Got language referral spam in Google Analytics? Like a lot of marketers, business owners, and website managers, I wondered why some of my sites were experiencing a jump up in traffic numbers recently. Great news, usually. But wait a minute, WordPress admin stats show a different figure. Clicky analytics has a much less impressive traffic statistic than Google Analytics. Something was up, and it wasn’t my traffic numbers.
Let’s call it Language Spam. It’s got nothing to do with languages, foreign or otherwise, but if a form of spam referral traffic that appears in the Language section of Google Analytics reporting.
First of all. It’s not going to do your site any harm and won’t affect your web site’s ranking. It’s just extremely irritating for anyone that monitors their analytics (incidentally, everyone with a website should do this)
Why are spammers targeting the language reports?
Showing up as traffic or page views on your analytics is a good way of getting you to take notice. For most people the default screen on Google Analytics is the Audience > Overview tab. The Language page of the Demographics section is clearly visible in the bottom right of your screen. That’s where you’ll notice entries such as this one below.
Secret.ɢoogle.com You are invited! Enter only with this ticket URL. Copy it. Vote for Trump!
Vitaly rules google ☆*:｡゜ﾟ･*ヽ(^ᴗ^)ﾉ*･゜ﾟ｡:*☆ ¯\_(ツ)_/¯(ಠ益ಠ)(ಥ‿ಥ)(ʘ‿ʘ)ლ(ಠ_ಠლ)( ͡° ͜ʖ ͡°)ヽ(ﾟДﾟ)ﾉʕ•̫͡•ʔᶘ ᵒᴥᵒᶅ(=^ ^=)oO
I don’t know who Vitaly is but I hate him. He’s ruining my morning. And enough Trump spam! Thanks.
People might be tempted to investigate and follow the links (they aren’t clickable hyperlinks, however). That’s exactly what the spammers want. Don’t do it!
Let’s see how we can get rid of this kind of analytics hijacking and return our stats back to normal.
Blocking Language Spam with a Filter
1. Set up a new view. This is an important step as you’ll want to keep the unmodified original reports as a kind of backup. Call it ‘filtered for spam’ or something descriptive like that.
2. Click Copy View.
3. Next, we need to set up the filters so from the left-hand menu in the Admin section choose Filters.
4. Click the big red button marked Add Filter from the next screen
5. Name your filter something like ‘Language Spam filter’.
6. Click Custom from the Filter Types option.
7. Select ‘Language Settings’ from the Filter Field drop-down menu (you can start typing the word and it will appear)

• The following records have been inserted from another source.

-- ===== src/Kernel/Spawn/Keeping.antt =====
-- Spawning a user task (tasking/scheduler.rs) keeps the scheduler valid and the tables in agreement
-- with the pipes, whether it succeeds or not.

use leaf_os_alpha.Base.{
  ℕ, ◌+◌, ◌≡◌, ◌<◌, refl, sym, ap, subst, ◌∙◌, Bool, true, false, ◌&&◌, Option, none, some, List,
  arith, leb, ltb, length, length-map, is_none, number, position, slot, fill_back, Bool-cases, inl,
  inr, Result, ok, err, word,
}
use leaf_os_alpha.Fd.{Store}
use leaf_os_alpha.Scheduler.Task.{Task, SchedulerError, full, UserContext, UserContextError}
use leaf_os_alpha.Scheduler.Ops.{has_id}
use leaf_os_alpha.Scheduler.Ops.Tables.{fds_of, tables, tables-fill, slot-tables}
use leaf_os_alpha.Scheduler.Lifecycle.{
  NewStack, create_task_stack, check_task_capacity, current_task,
}
use leaf_os_alpha.Scheduler.Lifecycle.Creation.{inserted-IsValid, check_task_capacity-ok}
use leaf_os_alpha.Kernel.Table.{Table, FdMapping}
use leaf_os_alpha.Kernel.Table.Live.{all_held, close_all-agrees}
use leaf_os_alpha.Kernel.Table.Inherit.{IsHeld, Kept, inherit_fds-Kept}
use leaf_os_alpha.Kernel.Table.Linked.{IsLinked, put_back, cloned_out, initial-IsHeld}
use leaf_os_alpha.Kernel.Calls.{Kernel}
use leaf_os_alpha.Kernel.Calls.Consistent.{IsConsistent, updated-IsConsistent, all_fds}
use leaf_os_alpha.Kernel.Spawn.{
  table_at, parent_table, first_table, place_user, take_space, create_user_at, create_user_task,
  finish_spawn, spawn_checked, spawn_user,
}

module _ {Space : Type 0} where
  -- A parent's table is one of the tables.
  parent_table-some :
      (tasks : List (Option (Task Space))) (parent : Option ℕ) (fds : Table)
      → parent_table tasks parent ≡ some fds
      → (j : ℕ) × (slot (tables tasks) j ≡ some fds)
  parent_table-some tasks none fds e = cc
  parent_table-some tasks (some id) fds e = found (position (has_id id) tasks) e
    where
      found :
          (o : Option ℕ)
          → table_at o tasks ≡ some fds
          → (j : ℕ) × (slot (tables tasks) j ≡ some fds)
      found none e = cc
      found (some j) e = (j, slot-tables j tasks ∙ e)

module _ {Space Disk : Type 0} (k : Kernel Space Disk) (c : IsConsistent k) where
  first_table-IsHeld :
      (o : Option Table)
      → ((fds : Table) → o ≡ some fds → (j : ℕ) × (slot (tables k.scheduler.tasks) j ≡ some fds))
      → IsHeld (first_table k.store o).1 (first_table k.store o).0 (all_fds k)
  unfolding first_table
  first_table-IsHeld none find = initial-IsHeld k.store (all_fds k) c.linked.agrees
  first_table-IsHeld (some fds) find =
      let (j, at) = find fds refl in cloned_out (tables k.scheduler.tasks) k.store j fds at c.linked

  place_user-keeps :
      (space : Space) (context : UserContext) (parent : Option ℕ) (stack : NewStack) (i : ℕ)
      (r : Bool × Table × Store Disk)
      → i < length k.scheduler.tasks
      → slot k.scheduler.tasks i ≡ none
      → k.scheduler.next_id + 1 < word
      → Kept (all_fds k) r
      → IsConsistent (place_user k space context parent stack i r).2
  unfolding place_user
  place_user-keeps space context parent stack i (false, fds, s) h free w v =
      updated-IsConsistent k k.scheduler _ c.valid refl
        (close_all-agrees fds s _ (all_fds k) (λ p. refl) v.agrees) c
  place_user-keeps space context parent stack i (true, fds, s) h free w v = record {
    valid = inserted-IsValid k.scheduler i _ c.valid h free refl refl refl w;
    linked = subst (IsLinked s) (sym (tables-fill i (some _) k.scheduler.tasks)) (
        put_back tabs k.store s i fds
          (subst (λ n. i < n) (sym (length-map fds_of k.scheduler.tasks)) h) c.linked
          (subst (λ l. IsHeld s fds (all_held l))
            (sym (fill_back i none tabs (slot-tables i k.scheduler.tasks ∙ ap fds_of free))) v));
  }
    where
      tabs : List (Option Table)
      tabs = tables k.scheduler.tasks

  take_space-keeps :
      (space : Option Space) (context : UserContext) (parent : Option ℕ) (ms : List FdMapping)
      (ns : List ℕ) (i : ℕ) (stack : Result NewStack SchedulerError)
      → i < length k.scheduler.tasks
      → slot k.scheduler.tasks i ≡ none
      → k.scheduler.next_id + 1 < word
      → IsConsistent (take_space k space context parent ms ns i stack).2
  unfolding take_space
  take_space-keeps space context parent ms ns i (err e) h free w = c
  take_space-keeps none context parent ms ns i (ok stack) h free w = c
  take_space-keeps (some space) context parent ms ns i (ok stack) h free w =
      place_user-keeps space context parent stack i _ h free w (
        inherit_fds-Kept (all_fds k) _ _ ms ns (
          first_table-IsHeld (parent_table k.scheduler.tasks parent)
            (parent_table-some k.scheduler.tasks parent)))

  create_user_at-keeps :
      (space : Option Space) (context : UserContext) (parent : Option ℕ) (ms : List FdMapping)
      (ns : List ℕ) (trampoline base : ℕ) (r : Result ℕ SchedulerError)
      → check_task_capacity k.scheduler ≡ r
      → IsConsistent (create_user_at k space context parent ms ns trampoline base r).2
  unfolding create_user_at
  create_user_at-keeps space context parent ms ns trampoline base (err e) q = c
  create_user_at-keeps space context parent ms ns trampoline base (ok i) q =
      elim (Bool-cases (ltb (k.scheduler.next_id + 1) word)) [
        | inl w ↦
            let (h, free) = check_task_capacity-ok k.scheduler i q in
            rw w (
              take_space-keeps space context parent ms ns i (create_task_stack trampoline base) h
                free (ground arith))
        | inr w ↦ rw w c
      ]

  pub create_user_task-keeps :
      (space : Option Space) (context : UserContext) (parent : Option ℕ) (ms : List FdMapping)
      (ns : List ℕ) (trampoline base : ℕ)
      → IsConsistent (create_user_task k space context parent ms ns trampoline base).2
  unfolding create_user_task
  create_user_task-keeps space context parent ms ns trampoline base =
      create_user_at-keeps space context parent ms ns trampoline base
        (check_task_capacity k.scheduler) refl

  module _ (destroy : Space → Bool × Space) where
    finish_spawn-keeps :
        (r : Result ℕ SchedulerError × Option Space × Kernel Space Disk)
        → IsConsistent r.2
        → IsConsistent (finish_spawn destroy r).2
    unfolding finish_spawn
    finish_spawn-keeps (ok id, space, k') v = v
    finish_spawn-keeps (err e, space, k') v = v

    spawn_checked-keeps :
        (space : Space) (ms : List FdMapping) (ns : List ℕ) (trampoline base : ℕ)
        (r : Result UserContext UserContextError)
        → IsConsistent (spawn_checked destroy k space ms ns trampoline base r).2
    unfolding spawn_checked
    spawn_checked-keeps space ms ns trampoline base (err e) = c
    spawn_checked-keeps space ms ns trampoline base (ok context) =
        elim (Bool-cases
          (is_none k.scheduler.idle_index && leb (number is_none k.scheduler.tasks) 1)) [
            | inl e ↦ rw e (finish_spawn-keeps (err full, some space, k) c)
            | inr e ↦ rw e (
                finish_spawn-keeps
                  (create_user_task k (some space) context (current_task k.scheduler) ms ns
                    trampoline base)
                  (create_user_task-keeps (some space) context (current_task k.scheduler) ms ns
                    trampoline base))
          ]

    pub spawn_user-keeps :
        (check : Space → Result UserContext UserContextError) (space : Space) (ms : List FdMapping)
        (ns : List ℕ) (trampoline base : ℕ)
        → IsConsistent (spawn_user destroy check k space ms ns trampoline base).2
    unfolding spawn_user
    spawn_user-keeps check space ms ns trampoline base =
        spawn_checked-keeps space ms ns trampoline base (check space)
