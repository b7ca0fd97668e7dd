-- ===== src/Kernel/Wait.antt =====
-- tasking/scheduler.rs: `wait_for_child`, and `run_tasks` after the tasks have ended.
pub mod Keeping
use leaf_os_alpha.Base.{
  ℕ, Bool, true, false, Option, none, some, if◌then◌else◌, Result, ok, err, slot,
}
use leaf_os_alpha.Scheduler.Task.{
  Task, blocked, SchedulerError, not_started, unknown_task, child_running, not_child, Scheduler,
}
use leaf_os_alpha.Scheduler.Ops.{Outcome, holds, transition_current}
use leaf_os_alpha.Scheduler.Lifecycle.{find_task, terminated_child}
use leaf_os_alpha.Scheduler.Switch.{
  Handover, failed, hand_over, save_current_user_rsp, is_removing, remove_idle,
}
use leaf_os_alpha.Kernel.Table.{close_all}
use leaf_os_alpha.Kernel.Calls.{Kernel, Reply, found_table, reap}

-- A pass of the loop returns, or hands the processor over and the loop goes round.
pub data Waited : Type 0 where
  done : Result (ℕ × Option ℕ) SchedulerError → Waited
  hands_over : Handover → Waited

-- Does the error of `terminated_child` end the wait?
pub ends_wait : Option ℕ → SchedulerError → Bool
ends_wait child child_running = false
ends_wait none unknown_task = false
ends_wait child e = true

module _ {Space : Type 0} where
  -- The check that a child that is named is one.
  pub not_waitable : Scheduler Space → ℕ → Option ℕ → Option SchedulerError
  not_waitable s parent none = none
  not_waitable s parent (some id) = elim (find_task s id) [
    | none ↦ some unknown_task
    | some t ↦ if holds t.parent parent then none else some not_child
  ]

module _ {Space Disk : Type 0} where
  pub wait_reaped : ℕ → Option ℕ → Reply Space Disk (Unit {0}) → Waited × Kernel Space Disk
  wait_reaped child_id exit_code (ok x, k) = (done (ok (child_id, exit_code)), k)
  wait_reaped child_id exit_code (err e, k) = (done (err e), k)

  pub wait_ended :
      (Space → Bool × Space)
      → Kernel Space Disk
      → ℕ
      → Option (Task Space)
      → Waited × Kernel Space Disk
  unfolding wait_reaped
  wait_ended destroy k child_id none = (done (err unknown_task), k)
  wait_ended destroy k child_id (some t) =
      wait_reaped child_id t.exit_code (reap destroy k child_id)

  pub wait_blocked : Kernel Space Disk → ℕ → Outcome Space ℕ → Waited × Kernel Space Disk
  wait_blocked k current (err e, s) = (done (err e), record k { scheduler = s })
  wait_blocked k current (ok id, s) =
      (hands_over (hand_over (failed unknown_task) s current), record k { scheduler = s })

  pub wait_found :
      (Space → Bool × Space)
      → ℕ
      → Kernel Space Disk
      → ℕ
      → Option ℕ
      → Result ℕ SchedulerError
      → Waited × Kernel Space Disk
  unfolding wait_ended wait_blocked ends_wait
  wait_found destroy rsp k current child (ok child_id) =
      wait_ended destroy k child_id (find_task k.scheduler child_id)
  wait_found destroy rsp k current child (err e) =
      if ends_wait child e
      then (done (err e), k)
      else wait_blocked k current
          (transition_current (save_current_user_rsp rsp k.scheduler current) blocked)

  pub wait_task :
      (Space → Bool × Space)
      → ℕ
      → Kernel Space Disk
      → ℕ
      → Option ℕ
      → Option (Task Space)
      → Waited × Kernel Space Disk
  unfolding wait_found not_waitable
  wait_task destroy rsp k current child none = (done (err unknown_task), k)
  wait_task destroy rsp k current child (some t) = elim (not_waitable k.scheduler t.id child) [
    | none ↦ wait_found destroy rsp k current child (terminated_child k.scheduler t.id child)
    | some e ↦ (done (err e), k)
  ]

  pub wait_current :
      (Space → Bool × Space)
      → ℕ
      → Kernel Space Disk
      → Option ℕ
      → Option ℕ
      → Waited × Kernel Space Disk
  unfolding wait_task
  wait_current destroy rsp k child none = (done (err not_started), k)
  wait_current destroy rsp k child (some current) =
      wait_task destroy rsp k current child (slot k.scheduler.tasks current)

  -- A pass of the loop of `wait_for_child`; `rsp` is `arch::syscall::user_rsp()`.
  pub wait_pass :
      (Space → Bool × Space) → ℕ → Kernel Space Disk → Option ℕ → Waited × Kernel Space Disk
  unfolding wait_current
  wait_pass destroy rsp k child = wait_current destroy rsp k child k.scheduler.current

  -- `run_tasks` after the bootstrap context resumes, with the drop of the idle task.
  pub finish_tasks : Kernel Space Disk → Kernel Space Disk
  finish_tasks k =
      let s = k.scheduler in
      record {
        scheduler = remove_idle s;
        store =
            if is_removing s s.idle_index
            then close_all k.store (found_table s.idle_index s.tasks)
            else k.store;
      }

8. The Filter Pattern box calls for a ‘regular expression’ to help match spam patterns. Google defines a regular expression as ‘a sequence of symbols and characters expressing a string or pattern to be searched for within a longer piece of text.’
I prefer to use the following regular expression which allows me to add particular phrases or words from the spam referral. It allows me to match any word or phrase in a list.
You can add search phrases inside the parenthesis at the centre of the expression.
Example: if we want to filter out the two referral sources above we could write
(\W|^)(Vote for Trump | vitaly)(\W|$)
Make sure you put a \ in front of any periods that appear in your sources. For example, If you want to filter out o-o-8-o-o.com then you would need to add this as o-o-8-o-o\.com
9. Test out the filter by clicking on Verify this filter and see how the view’s data would be affected.
10. Click Save
Unfortunately, heading back to Reporting will not allow you to view the clean data. With ‘Views’ you must wait for Google to collect analytics data based on your new filtered view.
A good way to view cleaned up data without starting a new view is to use an analytics segment. Head over to this analytics gallery from Analytics Edge. Do a quick search for the language spam segment and import it into your account. Don’t forget to replace the generic domain.com with your own domain.
To view the segmented traffic report head back to Audience Overview and click on + Add Segment under the Audience Overview menu. Select the newly imported segment and click Apply.
You will then be able to compare both sets of traffic.
To ignore the original (spam-filled) traffic just deselect the segment called ‘All Users’.